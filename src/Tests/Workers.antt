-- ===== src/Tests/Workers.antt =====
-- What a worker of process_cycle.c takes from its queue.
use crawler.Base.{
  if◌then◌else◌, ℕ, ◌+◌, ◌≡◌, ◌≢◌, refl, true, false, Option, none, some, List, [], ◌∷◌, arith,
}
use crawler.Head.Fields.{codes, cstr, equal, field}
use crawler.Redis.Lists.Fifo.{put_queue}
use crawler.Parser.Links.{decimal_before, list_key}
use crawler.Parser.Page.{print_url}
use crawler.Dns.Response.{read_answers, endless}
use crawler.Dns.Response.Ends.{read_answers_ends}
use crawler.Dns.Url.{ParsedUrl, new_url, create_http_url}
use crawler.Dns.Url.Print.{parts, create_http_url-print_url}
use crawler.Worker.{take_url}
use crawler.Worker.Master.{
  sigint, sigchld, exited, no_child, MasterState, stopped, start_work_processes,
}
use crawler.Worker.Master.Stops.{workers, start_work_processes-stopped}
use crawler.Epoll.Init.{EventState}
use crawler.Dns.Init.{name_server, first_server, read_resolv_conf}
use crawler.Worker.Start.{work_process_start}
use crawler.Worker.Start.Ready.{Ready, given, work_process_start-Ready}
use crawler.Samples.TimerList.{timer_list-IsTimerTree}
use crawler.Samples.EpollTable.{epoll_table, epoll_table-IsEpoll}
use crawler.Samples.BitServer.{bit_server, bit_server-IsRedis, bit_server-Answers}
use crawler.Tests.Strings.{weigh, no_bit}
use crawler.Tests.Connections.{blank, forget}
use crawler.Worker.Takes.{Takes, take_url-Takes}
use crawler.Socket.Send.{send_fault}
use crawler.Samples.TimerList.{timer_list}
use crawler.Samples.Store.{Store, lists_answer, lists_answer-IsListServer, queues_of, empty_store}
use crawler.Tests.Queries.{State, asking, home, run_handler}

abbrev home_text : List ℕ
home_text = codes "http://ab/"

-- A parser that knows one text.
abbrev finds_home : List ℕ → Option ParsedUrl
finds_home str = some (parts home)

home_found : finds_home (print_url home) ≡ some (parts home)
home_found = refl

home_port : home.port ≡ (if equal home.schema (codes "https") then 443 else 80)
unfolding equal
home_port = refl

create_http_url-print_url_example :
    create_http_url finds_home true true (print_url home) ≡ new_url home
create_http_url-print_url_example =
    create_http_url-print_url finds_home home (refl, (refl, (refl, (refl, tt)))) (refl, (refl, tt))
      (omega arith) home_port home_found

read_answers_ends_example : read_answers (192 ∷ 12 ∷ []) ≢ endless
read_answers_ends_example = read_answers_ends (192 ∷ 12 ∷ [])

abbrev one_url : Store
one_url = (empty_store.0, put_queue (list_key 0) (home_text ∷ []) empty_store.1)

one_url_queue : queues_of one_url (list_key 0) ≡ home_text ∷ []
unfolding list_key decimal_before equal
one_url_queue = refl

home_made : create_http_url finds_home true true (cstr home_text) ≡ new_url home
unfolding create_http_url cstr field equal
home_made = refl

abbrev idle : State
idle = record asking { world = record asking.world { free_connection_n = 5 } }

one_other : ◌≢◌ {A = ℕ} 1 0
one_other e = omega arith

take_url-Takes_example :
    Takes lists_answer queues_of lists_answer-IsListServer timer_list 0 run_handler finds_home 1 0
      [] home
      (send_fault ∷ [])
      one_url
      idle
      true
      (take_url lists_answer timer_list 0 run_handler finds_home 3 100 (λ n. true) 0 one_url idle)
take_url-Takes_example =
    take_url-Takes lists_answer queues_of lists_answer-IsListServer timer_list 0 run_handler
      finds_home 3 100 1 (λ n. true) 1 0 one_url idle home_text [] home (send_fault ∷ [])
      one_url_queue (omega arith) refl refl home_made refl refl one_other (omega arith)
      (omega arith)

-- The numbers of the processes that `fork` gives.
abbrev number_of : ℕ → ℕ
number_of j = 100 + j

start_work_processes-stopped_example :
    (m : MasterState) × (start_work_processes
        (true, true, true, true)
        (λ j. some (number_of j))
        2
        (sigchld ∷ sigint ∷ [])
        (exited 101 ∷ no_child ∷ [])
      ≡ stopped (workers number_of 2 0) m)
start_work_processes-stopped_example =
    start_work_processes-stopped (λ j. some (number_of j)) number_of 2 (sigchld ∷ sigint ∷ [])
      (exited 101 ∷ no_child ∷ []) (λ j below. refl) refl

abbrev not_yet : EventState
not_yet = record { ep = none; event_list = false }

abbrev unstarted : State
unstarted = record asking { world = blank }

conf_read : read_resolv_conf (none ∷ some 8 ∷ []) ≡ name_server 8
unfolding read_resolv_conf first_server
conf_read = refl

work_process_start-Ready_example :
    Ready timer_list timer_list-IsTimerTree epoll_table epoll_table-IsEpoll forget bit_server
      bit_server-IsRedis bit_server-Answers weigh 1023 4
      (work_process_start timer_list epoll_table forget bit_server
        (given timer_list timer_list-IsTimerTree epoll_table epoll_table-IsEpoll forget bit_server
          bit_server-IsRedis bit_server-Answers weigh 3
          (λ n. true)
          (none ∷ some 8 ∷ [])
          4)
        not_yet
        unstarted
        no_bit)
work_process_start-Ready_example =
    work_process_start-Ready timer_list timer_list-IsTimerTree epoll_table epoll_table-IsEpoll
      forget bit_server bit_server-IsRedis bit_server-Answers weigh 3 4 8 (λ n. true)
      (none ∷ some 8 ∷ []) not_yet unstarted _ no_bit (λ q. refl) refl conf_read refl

○ ○ ○ ○ ○

▶ Directions: In the listing above, the lines from the one containing "home_found : finds_home" through the one containing "one_url_queue = refl" must be set down exactly, with no other lines.

▶ Solution for this exercise:
home_found : finds_home (print_url home) ≡ some (parts home)
home_found = refl

home_port : home.port ≡ (if equal home.schema (codes "https") then 443 else 80)
unfolding equal
home_port = refl

create_http_url-print_url_example :
    create_http_url finds_home true true (print_url home) ≡ new_url home
create_http_url-print_url_example =
    create_http_url-print_url finds_home home (refl, (refl, (refl, (refl, tt)))) (refl, (refl, tt))
      (omega arith) home_port home_found

read_answers_ends_example : read_answers (192 ∷ 12 ∷ []) ≢ endless
read_answers_ends_example = read_answers_ends (192 ∷ 12 ∷ [])

abbrev one_url : Store
one_url = (empty_store.0, put_queue (list_key 0) (home_text ∷ []) empty_store.1)

one_url_queue : queues_of one_url (list_key 0) ≡ home_text ∷ []
unfolding list_key decimal_before equal
one_url_queue = refl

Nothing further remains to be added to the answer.